◆ Work instructions
Please write out exactly the lines of the data below from the line holding "member s xs = any (λ x. x == s) xs" through the line holding "All-append [] ys h k = k", and leave out the rest.

◆ Available data
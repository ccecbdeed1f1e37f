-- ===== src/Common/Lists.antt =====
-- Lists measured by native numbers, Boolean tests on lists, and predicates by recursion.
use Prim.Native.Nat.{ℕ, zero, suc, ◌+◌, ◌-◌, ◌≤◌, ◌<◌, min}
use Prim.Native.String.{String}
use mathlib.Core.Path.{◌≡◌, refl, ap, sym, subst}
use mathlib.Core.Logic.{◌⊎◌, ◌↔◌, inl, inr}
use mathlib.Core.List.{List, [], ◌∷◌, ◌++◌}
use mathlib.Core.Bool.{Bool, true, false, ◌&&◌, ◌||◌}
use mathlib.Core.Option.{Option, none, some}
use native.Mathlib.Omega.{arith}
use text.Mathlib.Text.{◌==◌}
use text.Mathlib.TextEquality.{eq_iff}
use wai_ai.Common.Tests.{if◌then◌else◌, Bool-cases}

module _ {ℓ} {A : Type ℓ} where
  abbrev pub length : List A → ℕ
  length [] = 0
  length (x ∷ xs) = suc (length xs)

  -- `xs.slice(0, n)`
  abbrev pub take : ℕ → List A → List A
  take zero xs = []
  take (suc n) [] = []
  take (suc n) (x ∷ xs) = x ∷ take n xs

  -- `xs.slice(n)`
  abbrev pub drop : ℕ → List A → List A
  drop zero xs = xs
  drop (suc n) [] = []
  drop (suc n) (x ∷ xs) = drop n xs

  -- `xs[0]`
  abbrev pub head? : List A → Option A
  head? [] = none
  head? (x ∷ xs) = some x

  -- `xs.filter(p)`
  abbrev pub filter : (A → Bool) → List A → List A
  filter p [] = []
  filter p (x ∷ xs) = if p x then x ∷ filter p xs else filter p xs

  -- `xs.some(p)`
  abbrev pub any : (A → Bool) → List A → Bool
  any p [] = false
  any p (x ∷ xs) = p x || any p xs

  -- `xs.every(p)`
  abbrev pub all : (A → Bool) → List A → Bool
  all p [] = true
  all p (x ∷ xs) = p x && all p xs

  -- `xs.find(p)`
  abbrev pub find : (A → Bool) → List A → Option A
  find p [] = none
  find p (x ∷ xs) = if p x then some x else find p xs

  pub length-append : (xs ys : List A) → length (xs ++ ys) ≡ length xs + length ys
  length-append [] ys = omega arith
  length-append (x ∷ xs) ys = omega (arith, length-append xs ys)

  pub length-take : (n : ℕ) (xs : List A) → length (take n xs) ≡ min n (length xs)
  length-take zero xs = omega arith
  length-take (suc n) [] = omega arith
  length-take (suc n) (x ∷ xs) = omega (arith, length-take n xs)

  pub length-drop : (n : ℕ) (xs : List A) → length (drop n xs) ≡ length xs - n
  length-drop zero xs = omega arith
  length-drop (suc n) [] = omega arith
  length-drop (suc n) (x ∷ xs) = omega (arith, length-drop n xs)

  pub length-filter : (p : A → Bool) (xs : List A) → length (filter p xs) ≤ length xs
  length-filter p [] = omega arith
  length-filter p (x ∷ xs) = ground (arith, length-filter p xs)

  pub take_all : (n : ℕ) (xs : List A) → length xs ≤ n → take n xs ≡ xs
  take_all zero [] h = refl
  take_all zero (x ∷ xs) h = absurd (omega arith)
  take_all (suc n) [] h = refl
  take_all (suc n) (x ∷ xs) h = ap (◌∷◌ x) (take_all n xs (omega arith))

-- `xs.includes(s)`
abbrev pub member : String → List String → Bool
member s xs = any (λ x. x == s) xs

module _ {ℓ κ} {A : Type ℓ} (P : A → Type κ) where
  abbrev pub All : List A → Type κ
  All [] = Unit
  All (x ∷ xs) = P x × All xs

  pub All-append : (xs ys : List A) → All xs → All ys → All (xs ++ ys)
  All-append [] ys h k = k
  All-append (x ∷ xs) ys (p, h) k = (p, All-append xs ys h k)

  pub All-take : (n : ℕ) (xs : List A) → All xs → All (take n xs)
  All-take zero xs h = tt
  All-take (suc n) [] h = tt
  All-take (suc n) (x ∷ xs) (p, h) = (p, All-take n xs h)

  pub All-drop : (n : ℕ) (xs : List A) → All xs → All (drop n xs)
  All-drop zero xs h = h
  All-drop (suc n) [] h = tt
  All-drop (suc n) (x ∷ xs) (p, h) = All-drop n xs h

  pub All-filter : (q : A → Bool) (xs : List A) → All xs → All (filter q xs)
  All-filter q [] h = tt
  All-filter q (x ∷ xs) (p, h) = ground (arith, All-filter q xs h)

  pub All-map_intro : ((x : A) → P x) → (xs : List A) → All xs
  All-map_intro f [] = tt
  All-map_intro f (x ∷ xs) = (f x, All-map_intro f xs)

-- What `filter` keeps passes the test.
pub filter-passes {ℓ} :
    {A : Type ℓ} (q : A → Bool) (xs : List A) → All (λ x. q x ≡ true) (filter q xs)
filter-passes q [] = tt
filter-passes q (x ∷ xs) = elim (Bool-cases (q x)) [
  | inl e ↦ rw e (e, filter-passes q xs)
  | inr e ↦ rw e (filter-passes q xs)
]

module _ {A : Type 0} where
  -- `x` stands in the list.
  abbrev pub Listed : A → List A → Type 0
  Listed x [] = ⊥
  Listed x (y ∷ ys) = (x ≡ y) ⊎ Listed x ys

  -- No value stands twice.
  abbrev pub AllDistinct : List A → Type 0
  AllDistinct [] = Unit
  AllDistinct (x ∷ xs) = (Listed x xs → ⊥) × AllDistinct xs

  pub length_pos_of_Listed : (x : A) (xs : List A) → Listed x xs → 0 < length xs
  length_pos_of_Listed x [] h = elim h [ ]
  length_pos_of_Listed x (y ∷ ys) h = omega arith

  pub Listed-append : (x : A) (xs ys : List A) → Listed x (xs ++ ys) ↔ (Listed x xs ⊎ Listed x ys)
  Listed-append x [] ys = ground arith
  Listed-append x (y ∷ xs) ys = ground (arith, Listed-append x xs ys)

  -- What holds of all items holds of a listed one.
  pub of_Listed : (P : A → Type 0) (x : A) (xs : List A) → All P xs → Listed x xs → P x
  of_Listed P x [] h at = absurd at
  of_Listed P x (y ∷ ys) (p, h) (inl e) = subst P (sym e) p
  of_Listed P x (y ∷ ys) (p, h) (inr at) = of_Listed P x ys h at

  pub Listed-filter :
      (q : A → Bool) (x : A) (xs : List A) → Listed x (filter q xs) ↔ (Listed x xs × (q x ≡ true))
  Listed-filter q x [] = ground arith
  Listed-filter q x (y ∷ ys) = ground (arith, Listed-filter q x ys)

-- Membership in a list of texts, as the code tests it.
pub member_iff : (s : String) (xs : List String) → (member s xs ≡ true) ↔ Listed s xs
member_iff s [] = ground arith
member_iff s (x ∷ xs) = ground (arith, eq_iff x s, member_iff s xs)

* * *

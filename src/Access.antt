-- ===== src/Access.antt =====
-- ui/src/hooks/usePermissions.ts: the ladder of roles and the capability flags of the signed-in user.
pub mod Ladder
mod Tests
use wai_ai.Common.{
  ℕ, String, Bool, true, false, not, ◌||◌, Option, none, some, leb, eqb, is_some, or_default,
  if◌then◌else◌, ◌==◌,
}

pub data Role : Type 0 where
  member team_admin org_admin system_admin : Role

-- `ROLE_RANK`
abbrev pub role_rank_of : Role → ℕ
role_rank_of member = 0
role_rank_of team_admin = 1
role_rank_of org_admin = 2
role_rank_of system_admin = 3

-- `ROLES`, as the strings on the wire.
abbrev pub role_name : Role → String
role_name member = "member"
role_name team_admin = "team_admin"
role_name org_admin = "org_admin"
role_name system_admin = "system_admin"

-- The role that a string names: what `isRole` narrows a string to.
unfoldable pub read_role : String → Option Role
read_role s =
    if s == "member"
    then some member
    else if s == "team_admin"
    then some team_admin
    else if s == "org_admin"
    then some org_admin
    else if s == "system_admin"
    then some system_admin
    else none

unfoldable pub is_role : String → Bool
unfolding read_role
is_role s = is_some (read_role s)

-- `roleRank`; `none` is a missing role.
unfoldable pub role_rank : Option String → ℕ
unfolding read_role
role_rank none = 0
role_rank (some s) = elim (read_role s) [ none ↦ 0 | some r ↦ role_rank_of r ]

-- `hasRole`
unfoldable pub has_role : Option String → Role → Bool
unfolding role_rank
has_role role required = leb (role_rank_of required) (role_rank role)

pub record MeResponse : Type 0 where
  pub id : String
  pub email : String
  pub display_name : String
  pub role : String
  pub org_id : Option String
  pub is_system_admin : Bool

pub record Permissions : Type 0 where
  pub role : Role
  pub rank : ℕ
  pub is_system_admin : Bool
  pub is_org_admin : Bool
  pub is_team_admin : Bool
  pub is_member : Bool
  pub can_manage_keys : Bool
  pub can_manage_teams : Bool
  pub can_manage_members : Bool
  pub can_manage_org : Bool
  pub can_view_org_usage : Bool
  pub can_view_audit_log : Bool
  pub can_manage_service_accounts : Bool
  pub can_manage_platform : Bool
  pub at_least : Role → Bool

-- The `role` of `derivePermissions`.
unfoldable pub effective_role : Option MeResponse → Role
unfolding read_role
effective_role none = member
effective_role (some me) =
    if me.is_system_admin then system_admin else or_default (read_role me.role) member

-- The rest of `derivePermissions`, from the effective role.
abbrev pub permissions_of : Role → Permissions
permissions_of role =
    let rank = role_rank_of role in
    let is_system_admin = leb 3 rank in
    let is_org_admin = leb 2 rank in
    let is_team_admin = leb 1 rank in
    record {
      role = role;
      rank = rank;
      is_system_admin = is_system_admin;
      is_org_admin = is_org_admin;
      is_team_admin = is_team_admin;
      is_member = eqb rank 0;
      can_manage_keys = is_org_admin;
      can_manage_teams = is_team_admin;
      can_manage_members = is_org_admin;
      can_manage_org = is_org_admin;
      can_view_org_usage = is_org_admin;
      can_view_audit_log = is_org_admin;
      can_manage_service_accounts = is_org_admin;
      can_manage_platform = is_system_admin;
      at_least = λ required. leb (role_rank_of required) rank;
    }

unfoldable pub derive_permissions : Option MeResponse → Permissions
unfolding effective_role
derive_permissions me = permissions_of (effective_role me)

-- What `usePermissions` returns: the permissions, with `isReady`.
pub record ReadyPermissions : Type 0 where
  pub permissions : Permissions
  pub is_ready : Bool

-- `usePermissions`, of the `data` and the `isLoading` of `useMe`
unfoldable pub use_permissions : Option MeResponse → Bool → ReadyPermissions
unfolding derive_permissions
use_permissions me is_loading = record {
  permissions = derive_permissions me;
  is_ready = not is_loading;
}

◆ Solution for this exercise
member s xs = any (λ x. x == s) xs

module _ {ℓ κ} {A : Type ℓ} (P : A → Type κ) where
  abbrev pub All : List A → Type κ
  All [] = Unit
  All (x ∷ xs) = P x × All xs

  pub All-append : (xs ys : List A) → All xs → All ys → All (xs ++ ys)
  All-append [] ys h k = k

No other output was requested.